=== Section Start ===
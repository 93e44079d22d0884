-- ===== src/Jobs.antt =====
-- jobs.rs: the background jobs that report through the event bus, and their cancellation. A job
-- advances from one place in its code where others may run to the next: the check of its flag, the
-- report of a step, and the drop of its guard. A flag is a field of the job, which the registry names
-- by the job's number. The digits of a number (`show`) are a parameter.
pub mod Trace
pub mod Run
mod Tests
use rc_launcher.Base.{
  ℕ, zero, suc, ◌+◌, Bool, true, false, Option, none, some, List, [], ◌∷◌, ◌++◌, length, get_elem?,
  leb, ◌==◌, max, String, if◌then◌else◌, Result, ok, err,
}
use rc_launcher.Base.Text.{Text, codes, text_eq, lookup}
use rc_launcher.Error.{RcResult, other}
use rc_launcher.Event.{Event, EventBus, publish, lifecycle_event, error_event, progress_event}

-- The fields of the JSON value `spec` that are there.
pub record Spec : Type 0 where
  pub scope : Option Text
  pub label : Option Text
  pub steps : Option ℕ
  pub fail_at : Option ℕ
  pub delay_ms : Option ℕ

-- Where a job is: before the check of a step, before its report, behind its last event, or gone.
pub data Phase : Type 0 where
  checking reporting : ℕ → Phase
  ending done : Phase

pub record Job : Type 0 where
  pub scope : Text
  pub label : Text
  pub steps : ℕ
  pub fail_at : Option ℕ
  pub cancelled : Bool
  pub phase : Phase

-- The bus, the registry `CANCELS`, the jobs by their numbers, and what was published, each event with
-- the number of the job that published it.
pub record World (V S : Type 0) : Type 0 where
  pub bus : EventBus S
  pub cancels : List (Text × ℕ)
  pub jobs : List Job
  pub log : List (ℕ × Event V)

-- `HashMap::remove`
unfoldable pub remove_scope : Text → List (Text × ℕ) → List (Text × ℕ)
remove_scope s [] = []
remove_scope s ((k, j) ∷ rest) =
    let later = remove_scope s rest in if text_eq k s then later else (k, j) ∷ later

unfoldable pub set_job : ℕ → Job → List Job → List Job
set_job n j [] = []
set_job zero j (i ∷ is) = j ∷ is
set_job (suc n) j (i ∷ is) = i ∷ set_job n j is

abbrev pub text_or {ℓ} : {A : Type ℓ} → A → Option A → A
text_or a none = a
text_or a (some b) = b

-- Whether the job fails at a step.
abbrev pub fails_at : Option ℕ → ℕ → Bool
fails_at none i = false
fails_at (some f) i = i == f

module _ {V S : Type 0} (show : ℕ → Text) where
  -- `event::publish`, by a job
  unfoldable pub publish_by : ℕ → Event V → World V S → World V S
  publish_by n e w =
      let (bus, numbered, _) = publish e w.bus in
      record w { bus = bus; log = w.log ++ ((n, numbered) ∷ []) }

  -- `spawn_job` with its scope, label and steps read
  unfoldable pub start_job : Text → Text → ℕ → Option ℕ → World V S → World V S
  start_job scope label steps fail_at w =
      let n = length w.jobs in
      publish_by n (lifecycle_event scope (codes "started") (label ++ codes " started")) (record w {
        cancels = (scope, n) ∷ remove_scope scope w.cancels;
        jobs =
            w.jobs
            ++ (record {
              scope = scope;
              label = label;
              steps = steps;
              fail_at = fail_at;
              cancelled = false;
              phase = checking 1;
            }
                ∷ []);
      })

  unfoldable pub spawn_job : Spec → World V S → RcResult (World V S)
  spawn_job spec w = elim (text_or (codes "job") spec.scope) [
    | [] ↦ err (other "job scope must not be empty")
    | c ∷ t ↦ ok (
        start_job (c ∷ t) (text_or (codes "job") spec.label) (max (text_or 1 spec.steps) 1)
          spec.fail_at w)
  ]

  -- The job of that number goes to another phase.
  abbrev pub go_to : ℕ → Job → Phase → World V S → World V S
  go_to n j p w = record w { jobs = set_job n (record j { phase = p }) w.jobs }

  -- The check of a step `i`: whether the flag is raised, and whether the step fails.
  unfoldable pub begin_step : Bool → Bool → ℕ → Job → ℕ → World V S → World V S
  begin_step true fails n j i w =
      publish_by n (lifecycle_event j.scope (codes "cancelled") (j.label ++ codes " cancelled"))
        (go_to n j ending w)
  begin_step false true n j i w =
      publish_by n (error_event j.scope (j.label ++ (codes " failed at step " ++ show i)))
        (go_to n j ending w)
  begin_step false false n j i w = go_to n j (reporting i) w

  -- The head of the loop: the check of step `i`, or the end behind the last step.
  unfoldable pub check : ℕ → Job → ℕ → World V S → World V S
  check n j i w =
      if leb i j.steps
      then begin_step j.cancelled (fails_at j.fail_at i) n j i w
      else publish_by n
          (lifecycle_event j.scope (codes "completed") (j.label ++ codes " completed"))
          (go_to n j ending w)

  -- What a job does next.
  unfoldable pub advance : ℕ → Job → World V S → World V S
  advance n j w = elim (j.phase) [
    | checking i ↦ check n j i w
    | reporting i ↦
        publish_by n
          (progress_event j.scope (j.label ++ (codes " step " ++ show i)) i (some j.steps))
          (go_to n j (checking (suc i)) w)
    | ending ↦ record (go_to n j done w) { cancels = remove_scope j.scope w.cancels }
    | done ↦ w
  ]

module _ {V S : Type 0} where
  -- The flag of a job is set.
  unfoldable pub raise_flag : ℕ → World V S → World V S
  raise_flag n w = elim (get_elem? w.jobs n) [
    | none ↦ w
    | some j ↦ record w { jobs = set_job n (record j { cancelled = true }) w.jobs }
  ]

  unfoldable pub cancel_job : Text → World V S → Bool × World V S
  cancel_job scope w = elim (lookup scope w.cancels) [
    | none ↦ (false, w)
    | some n ↦ (true, raise_flag n w)
  ]
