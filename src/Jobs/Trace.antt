-- ===== src/Jobs/Trace.antt =====
-- What a job of jobs.rs publishes, in whatever order the jobs run and are cancelled.
use mathlib.Core.List.{append-nil}
use rc_launcher.Base.{
  ℕ, zero, suc, ◌≤◌, ◌<◌, ◌≡◌, refl, sym, ap, ◌∙◌, ◌⊎◌, inl, inr, true, false, Option, some, List,
  [], ◌∷◌, ◌++◌, length, length-append, get_elem?, ◌==◌, ==_iff, Bool-cases, some-injective, arith,
  ok, if◌then◌else◌,
}
use rc_launcher.Base.Text.{Text, codes}
use rc_launcher.Event.{Event, EventBus, lifecycle_event, error_event, progress_event}
use rc_launcher.Jobs.{
  Spec, Phase, checking, reporting, ending, done, Job, World, set_job, fails_at, spawn_job, advance,
  cancel_job,
}

module _ {V S : Type 0} (show : ℕ → Text) where
  -- One thing that happens: a job is spawned, a job does its next step, or a scope is cancelled.
  pub data Step : World V S → World V S → Type 0 where
    spawned : {w v : World V S} (spec : Spec) → spawn_job show spec w ≡ ok v → Step w v
    advanced :
        {w : World V S} (n : ℕ) (j : Job)
        → get_elem? w.jobs n ≡ some j
        → Step w (advance show n j w)
    cancelled : {w : World V S} (scope : Text) → Step w ((cancel_job scope w).1)

  -- What may happen to a world without jobs.
  pub data Reachable : World V S → Type 0 where
    fresh : (bus : EventBus S) → Reachable (record { bus = bus; cancels = []; jobs = []; log = [] })
    next : {w v : World V S} → Reachable w → Step w v → Reachable v

module _ {V : Type 0} where
  -- The events of a job, without their numbers.
  unfoldable pub published : ℕ → List (ℕ × Event V) → List (Event V)
  published n [] = []
  published n ((m, e) ∷ rest) =
      let later = published n rest in if m == n then record e { seq = 0 } ∷ later else later

-- None of the first steps is the one that fails.
abbrev pub Spared : Option ℕ → ℕ → Type 0
Spared fail_at k = (i : ℕ) → i < k → fails_at fail_at (suc i) ≡ false

module _ {V : Type 0} (show : ℕ → Text) (scope label : Text) (steps : ℕ) where
  abbrev pub started_event : Event V
  started_event = lifecycle_event scope (codes "started") (label ++ codes " started")

  -- The progress events of the first steps.
  unfoldable pub reports : ℕ → List (Event V)
  reports zero = []
  reports (suc k) =
      reports k
      ++ (progress_event scope (label ++ (codes " step " ++ show (suc k))) (suc k) (some steps)
          ∷ [])

  -- The last event of a job that reported `k` steps: it completed all of them, or failed or was
  -- cancelled before another one.
  pub data Last (fail_at : Option ℕ) : ℕ → Event V → Type 0 where
    completed :
        Spared fail_at steps
        → Last fail_at steps
            (lifecycle_event scope (codes "completed") (label ++ codes " completed"))
    failed :
        {k : ℕ}
        → k < steps
        → fails_at fail_at (suc k) ≡ true
        → Last fail_at k (error_event scope (label ++ (codes " failed at step " ++ show (suc k))))
    stopped :
        {k : ℕ}
        → k < steps
        → Last fail_at k (lifecycle_event scope (codes "cancelled") (label ++ codes " cancelled"))

  -- What a job has published, by where it is.
  pub data Story (fail_at : Option ℕ) : Phase → List (Event V) → Type 0 where
    at_check :
        {k : ℕ}
        → k ≤ steps
        → Spared fail_at k
        → Story fail_at (checking (suc k)) (started_event ∷ reports k)
    at_report :
        {k : ℕ}
        → k < steps
        → Spared fail_at (suc k)
        → Story fail_at (reporting (suc k)) (started_event ∷ reports k)
    at_end :
        {k : ℕ} {e : Event V}
        → Last fail_at k e
        → Story fail_at ending (started_event ∷ (reports k ++ (e ∷ [])))
    over :
        {k : ℕ} {e : Event V}
        → Last fail_at k e
        → Story fail_at done (started_event ∷ (reports k ++ (e ∷ [])))

module _ {V : Type 0} (show : ℕ → Text) where
  -- The story of a job.
  abbrev pub StoryOf : Job → List (Event V) → Type 0
  StoryOf j es = Story show j.scope j.label j.steps j.fail_at j.phase es

  published-push :
      (m n : ℕ) (e : Event V) (log : List (ℕ × Event V))
      → published m (log ++ ((n, e) ∷ []))
        ≡ published m log ++ (if n == m then record e { seq = 0 } ∷ [] else [])
  unfolding published
  published-push m n e [] = refl
  published-push m n e ((k, f) ∷ rest) = elim (Bool-cases (k == m)) [
    | inl q ↦ rw (published, q) (ap (λ es. record f { seq = 0 } ∷ es) (published-push m n e rest))
    | inr q ↦ rw (published, q) (published-push m n e rest)
  ]

  -- Every job has its story, and what is not a job has published nothing.
  pub record Told (jobs : List Job) (log : List (ℕ × Event V)) : Type 0 where
    pub story : (n : ℕ) (j : Job) → get_elem? jobs n ≡ some j → StoryOf j (published n log)
    pub silent : (n : ℕ) → length jobs ≤ n → published n log ≡ []

get_elem?-set_job :
    (n : ℕ) (j i : Job) (js : List Job)
    → get_elem? js n ≡ some i
    → get_elem? (set_job n j js) n ≡ some j
unfolding set_job
get_elem?-set_job n j i [] h = absurd (cc)
get_elem?-set_job zero j i (x ∷ xs) h = refl
get_elem?-set_job (suc n) j i (x ∷ xs) h = get_elem?-set_job n j i xs h

get_elem?-set_job_other :
    (n m : ℕ) (j : Job) (js : List Job)
    → (n == m) ≡ false
    → get_elem? (set_job n j js) m ≡ get_elem? js m
unfolding set_job
get_elem?-set_job_other n m j [] h = refl
get_elem?-set_job_other zero zero j (x ∷ xs) h = absurd (cc)
get_elem?-set_job_other zero (suc m) j (x ∷ xs) h = refl
get_elem?-set_job_other (suc n) zero j (x ∷ xs) h = refl
get_elem?-set_job_other (suc n) (suc m) j (x ∷ xs) h =
    get_elem?-set_job_other n m j xs (ground (arith, h))

length-set_job : (n : ℕ) (j : Job) (js : List Job) → length (set_job n j js) ≡ length js
unfolding set_job
length-set_job n j [] = refl
length-set_job zero j (x ∷ xs) = refl
length-set_job (suc n) j (x ∷ xs) = ap suc (length-set_job n j xs)

get_elem?-lt : (n : ℕ) (i : Job) (js : List Job) → get_elem? js n ≡ some i → n < length js
get_elem?-lt n i [] h = absurd (cc)
get_elem?-lt zero i (x ∷ xs) h = omega arith
get_elem?-lt (suc n) i (x ∷ xs) h = let l = get_elem?-lt n i xs h in omega (arith, l)

get_elem?-push :
    (m : ℕ) (i j : Job) (js : List Job)
    → get_elem? (js ++ (j ∷ [])) m ≡ some i
    → ((m < length js) × (get_elem? js m ≡ some i)) ⊎ ((m ≡ length js) × (j ≡ i))
get_elem?-push zero i j [] h = inr (refl, some-injective h)
get_elem?-push (suc m) i j [] h = absurd (cc)
get_elem?-push zero i j (x ∷ xs) h = inl (omega arith, h)
get_elem?-push (suc m) i j (x ∷ xs) h = elim (get_elem?-push m i j xs h) [
  | inl (l, g) ↦ inl (omega (arith, l), g)
  | inr (q, g) ↦ inr (ap suc q, g)
]

module _ {V : Type 0} (show : ℕ → Text) where
  pub set_job-Told :
      (n : ℕ) (j j' : Job) (jobs : List Job) (log log' : List (ℕ × Event V))
      → Told show jobs log
      → get_elem? jobs n ≡ some j
      → ((m : ℕ) → (n == m) ≡ false → published m log' ≡ published m log)
      → StoryOf show j' (published n log')
      → Told show (set_job n j' jobs) log'
  set_job-Told n j j' jobs log log' t here others own = record {
    story = λ m i h. elim (Bool-cases (n == m)) [
      | inl e ↦
          let same : n ≡ m = (==_iff n m).0 e in
          let h' : get_elem? (set_job n j' jobs) n ≡ some i =
            ap (get_elem? (set_job n j' jobs)) same ∙ h in
          let job : j' ≡ i = some-injective (sym (get_elem?-set_job n j' j jobs here) ∙ h') in
          rw (sym same, sym job) own
      | inr e ↦ rw (others m e) (t.story m i (sym (get_elem?-set_job_other n m j' jobs e) ∙ h))
    ];
    silent = λ m h.
        let lt = get_elem?-lt n j jobs here in
        let same = length-set_job n j' jobs in
        let apart : (n == m) ≡ false = ground (arith, lt, h, same) in
        others m apart ∙ t.silent m (omega (arith, h, same));
  }

  -- A job that publishes an event.
  pub push-Told :
      (n : ℕ) (j j' : Job) (jobs : List Job) (log : List (ℕ × Event V)) (e : Event V)
      → Told show jobs log
      → get_elem? jobs n ≡ some j
      → StoryOf show j' (published n log ++ (record e { seq = 0 } ∷ []))
      → Told show (set_job n j' jobs) (log ++ ((n, e) ∷ []))
  push-Told n j j' jobs log e t here own =
      set_job-Told n j j' jobs log (log ++ ((n, e) ∷ [])) t here
        (λ m apart. published-push show m n e log ∙ (rw (apart) (append-nil (published m log))))
        (rw (published-push show n n e log, (==_iff n n).1 refl) own)

  -- A new job.
  pub start-Told :
      (j : Job) (jobs : List Job) (log : List (ℕ × Event V)) (e : Event V)
      → Told show jobs log
      → StoryOf show j (record e { seq = 0 } ∷ [])
      → Told show (jobs ++ (j ∷ [])) (log ++ ((length jobs, e) ∷ []))
  start-Told j jobs log e t own = record {
    story = λ m i h. elim (get_elem?-push m i j jobs h) [
      | inl (lt, g) ↦
          let apart : (length jobs == m) ≡ false = ground (arith, lt) in
          rw (published-push show m (length jobs) e log, apart, append-nil (published m log))
            (t.story m i g)
      | inr (q, same) ↦
          let here : (length jobs == m) ≡ true = (==_iff (length jobs) m).1 (sym q) in
          let before = t.silent m (omega (arith, q)) in
          rw (published-push show m (length jobs) e log, here, before, sym same) own
    ];
    silent = λ m h.
        let more = length-append jobs (j ∷ []) in
        let apart : (length jobs == m) ≡ false = ground (arith, h, more) in
        rw (published-push show m (length jobs) e log, apart)
          (append-nil (published m log) ∙ t.silent m (omega (arith, h, more)));
  }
=== Section End ===
-- Aim of the task --
Every line in the entries above that has the word "Trace" should be identified and copied.

-- Exercise response --
pub mod Trace
filename src/Jobs/Trace.antt
-- ===== src/Jobs/Trace.antt =====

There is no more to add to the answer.